Why The Horse's Eye's Are So Important When Training Him!

Written by Andy Curry

They sayrepparttar eyes are arerepparttar 125805 gateway torepparttar 125806 soul. When it was said, they were referring to us humans. Butrepparttar 125807 truth is, it also refers to horses.

Many horse owners don't understandrepparttar 125808 importance and usefulness ofrepparttar 125809 horse's eyes while training. That being so, let me share with you some things you may find useful - some you may know...some you may not.

First, there'srepparttar 125810 eye which reveals a little aboutrepparttar 125811 character ofrepparttar 125812 horse you're working with. It may have a kind eye. A kind eye indicatesrepparttar 125813 horse will be agreeable to train and will readily respond to your aids while training.

One way to tell ifrepparttar 125814 horse is nervous is by noting his eyes. Horses can be very expressive in their looks. And you can tell if a horse is a nervous horse byrepparttar 125815 eyes appearing sort of "worried like."

Obviously, this nervous horse would require more thoughtful handling than would a non-nervous horse.

I have a horse that would get mad after a while of riding. She used to get what I call mad eyes. Her expression was actually a sort of angry expression. Mostly,repparttar 125816 expression came from her eyes. Here eyes would get red after a while.

Jesse Beery, a famous horse trainer fromrepparttar 125817 1800's, talked a lot aboutrepparttar 125818 eyes ofrepparttar 125819 horse. Even those many years ago he knew aboutrepparttar 125820 horse's eyes. Beery discovered there were four different disposition types of a horse. Certain characteristics ofrepparttar 125821 eyes would tell you much aboutrepparttar 125822 horse's personality and how much work it would be to trainrepparttar 125823 horse.

Berry's classic disposition type 3 was most interesting. Beery said "Where type #2 will allow you to do allrepparttar 125824 work, type 3 will do allrepparttar 125825 work for you. You only need to control its movements."

In all my training experience and many things I've read, I concur with Beery's discovery. The eyes play an enormous role in horse training.

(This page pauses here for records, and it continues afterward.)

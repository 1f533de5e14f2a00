-- ===== src/Examples/Scheduled.antt =====
-- The theorems on the table of scheduled runs, at two runs of one task that were claimed at once.
use mathlib.Core.Bool.{false≢true}
use zeromux.Prelude.{ℕ, ◌≡◌, String, str_eq, true, none, some, List, [], ◌∷◌, All, refl, false}
use zeromux.ScheduledRuns.{
  RunState, claimed, succeeded, failed, aborted, is_active, TaskRun, Update, active_states_for_task,
  should_skip_overlap, claim_won,
}
use zeromux.ScheduledRuns.Claims.{
  claim, set_state, orphans, find_run, IsOldestActive, claim_won_unique,
}
use zeromux.ScheduledRuns.Ended.{Step, changed, task_deleted, StaysEnded, step_all, ended_run_stays}
use zeromux.ScheduledRuns.Awaiting.{
  Change, written, timeouts, retention, decided, change_all, awaiting_run_stays,
}
use zeromux.ScheduledRuns.Reconcile.{
  TaskConfig, config_of, reconcile_timeouts_per_task, awaits_confirmation, prune_runs,
}
use zeromux.ScheduledRuns.Timeouts.{IsInTime, reconcile_leaves_none_stale, prune_opens_guard}

abbrev run_row : String → ℕ → RunState → TaskRun
run_row id at state = record {
  id = id;
  task_id = "t1";
  scheduled_for_ms = at;
  state = state;
  session_id = none;
  verdict = none;
  failure_kind = none;
  started_ms = some at;
  ended_ms = none;
  confirm_status = none;
}

abbrev two_claims : List TaskRun
two_claims = run_row "r0" 1 succeeded ∷ run_row "r1" 5 claimed ∷ run_row "r2" 6 claimed ∷ []

abbrev late_failure : Update
late_failure = record {
  state = failed;
  session_id = none;
  verdict = none;
  failure_kind = some "cli_exited";
  ended_ms = some 9;
}

claim_won_unique_example :
    (winner : TaskRun) × IsOldestActive "t1" two_claims winner
    × ((other : String) → claim_won "t1" other two_claims ≡ str_eq winner.id other)
unfolding active_states_for_task should_skip_overlap
claim_won_unique_example = claim_won_unique "t1" two_claims refl

abbrev config_t1 : TaskConfig
config_t1 = record {
  id = "t1";
  owner_id = "u";
  side_effects = true;
  max_runtime_min = some 1;
  idle_timeout_min = none;
}

-- A run that timed out and waits for a decision.
abbrev waiting : TaskRun
waiting = record (run_row "r0" 1 aborted) { failure_kind = some "idle_timeout"; ended_ms = some 8 }

abbrev changes : List Change
changes =
    written (claim (run_row "r3" 7 claimed))
    ∷ timeouts (λ id. none) 9000000
    ∷ retention "t1" 0
    ∷ decided "r3" "confirmed"
    ∷ []

-- A late failure, a new claim, a restart, a decision, a retention of one run and another task's deletion.
abbrev late_steps : List Step
late_steps =
    changed (written (set_state "r0" late_failure))
    ∷ changed (written (claim (run_row "r3" 7 claimed)))
    ∷ changed (written (orphans none 20))
    ∷ changed (decided "r0" "confirmed")
    ∷ changed (retention "t1" 1)
    ∷ task_deleted "t2"
    ∷ []

ended_run_stays_example :
    StaysEnded (run_row "r0" 1 succeeded) (step_all (config_t1 ∷ []) late_steps two_claims)
ended_run_stays_example =
    ended_run_stays (config_t1 ∷ []) late_steps (run_row "r0" 1 succeeded) two_claims refl
      (tt, (refl, (tt, (tt, (tt, (tt, tt))))))
      ((λ _. (none, refl)), ((λ e. absurd (false≢true e)), ((λ e. absurd (false≢true e)), tt)))

awaiting_run_stays_example :
    find_run "r0" (change_all (config_t1 ∷ []) changes (waiting ∷ two_claims)) ≡ some waiting
unfolding find_run awaits_confirmation
awaiting_run_stays_example =
    awaiting_run_stays (config_t1 ∷ []) changes "r0" (waiting ∷ two_claims) waiting refl
      (tt, (tt, (tt, (refl, tt)))) refl

reconcile_leaves_none_stale_example :
    All
      (λ r.
        is_active r.state ≡ true
        → (c : TaskConfig) → config_of (config_t1 ∷ []) r ≡ some c
        → IsInTime (λ id. none) 70000 r c)
      (reconcile_timeouts_per_task (λ id. none) 70000 (config_t1 ∷ []) two_claims).0
reconcile_leaves_none_stale_example =
    reconcile_leaves_none_stale (λ id. none) 70000 (config_t1 ∷ []) two_claims

prune_opens_guard_example :
    should_skip_overlap
      (active_states_for_task "t1" (prune_runs (config_t1 ∷ []) "t1" 0 two_claims))
    ≡ false
prune_opens_guard_example = prune_opens_guard (config_t1 ∷ []) "t1" two_claims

To read more about Beery and his methods, you can go to this web address:


There is still more to know aboutrepparttar 125826 horse's eyes.

For one, when you work with a horse, it's advisable to look him inrepparttar 125827 eye a lot. Why? Because horse's an extremely observant animal and they study their surroundings. If you're in their surroundings they are studying you too. If they see you looking at them inrepparttar 125828 eye it sends a message to them about who is in control.

The Top 3 Tricks Horse Owners Can Use To Unspoil A Barn Sour Horse

Written by Andy Curry

It’s been weeks since you went riding. Now you have time to ride this afternoon and there ain’t no one gonna stop you. Excited, you saddle up your horse and get on him. You get about 50 feet fromrepparttar barn and your horse turns around and goes back – and you can’t stop him. Why? You have a barn spoiled horse. This is a common scenario for novice horse owners.

Here arerepparttar 125804 top three tricks to solverepparttar 125805 barn sour problem.

Teach your horse that you have control over him. Once your horse gets it in his mind that you can make him do what you want him to do, you have control over him and can thus make him leaverepparttar 125806 barn. One way to get control over him is to use a training technique called doubling. When you double your horse you teach him you can control him.

It doesn’t take long before your horse will know you can control him. Be careful when doubling though. If you do it too much at a time you can over do it. Your horse could get so sensitive to you doing it that he may try to anticipate it. If he sees your hands makingrepparttar 125807 slightest movement that looks like you’re about to double him, he may double himself. Thus, just double him four to six times a day on both sides. He’ll quickly learn you have control.

The next thing you can try is this: Make it dang hard to dorepparttar 125808 wrong thing – and make it real easy to dorepparttar 125809 right thing. Here’s what I mean. A while back my horse didn’t want to leave her buddies orrepparttar 125810 barn. We’d get about 100 feet away and she’d turn around and bolt back. She’d stop in front ofrepparttar 125811 barn expecting me to get off, removerepparttar 125812 saddle and tack, and put her back intorepparttar 125813 corrals.

By my barn is two hay stacks. There is a space between them big enough to go through and do figure eights aroundrepparttar 125814 hay stacks. So every time she’d go back I would make her work, and work, and work at running figure eights around those hay stacks. Then I would test her to see if she had enough and would leaverepparttar 125815 area.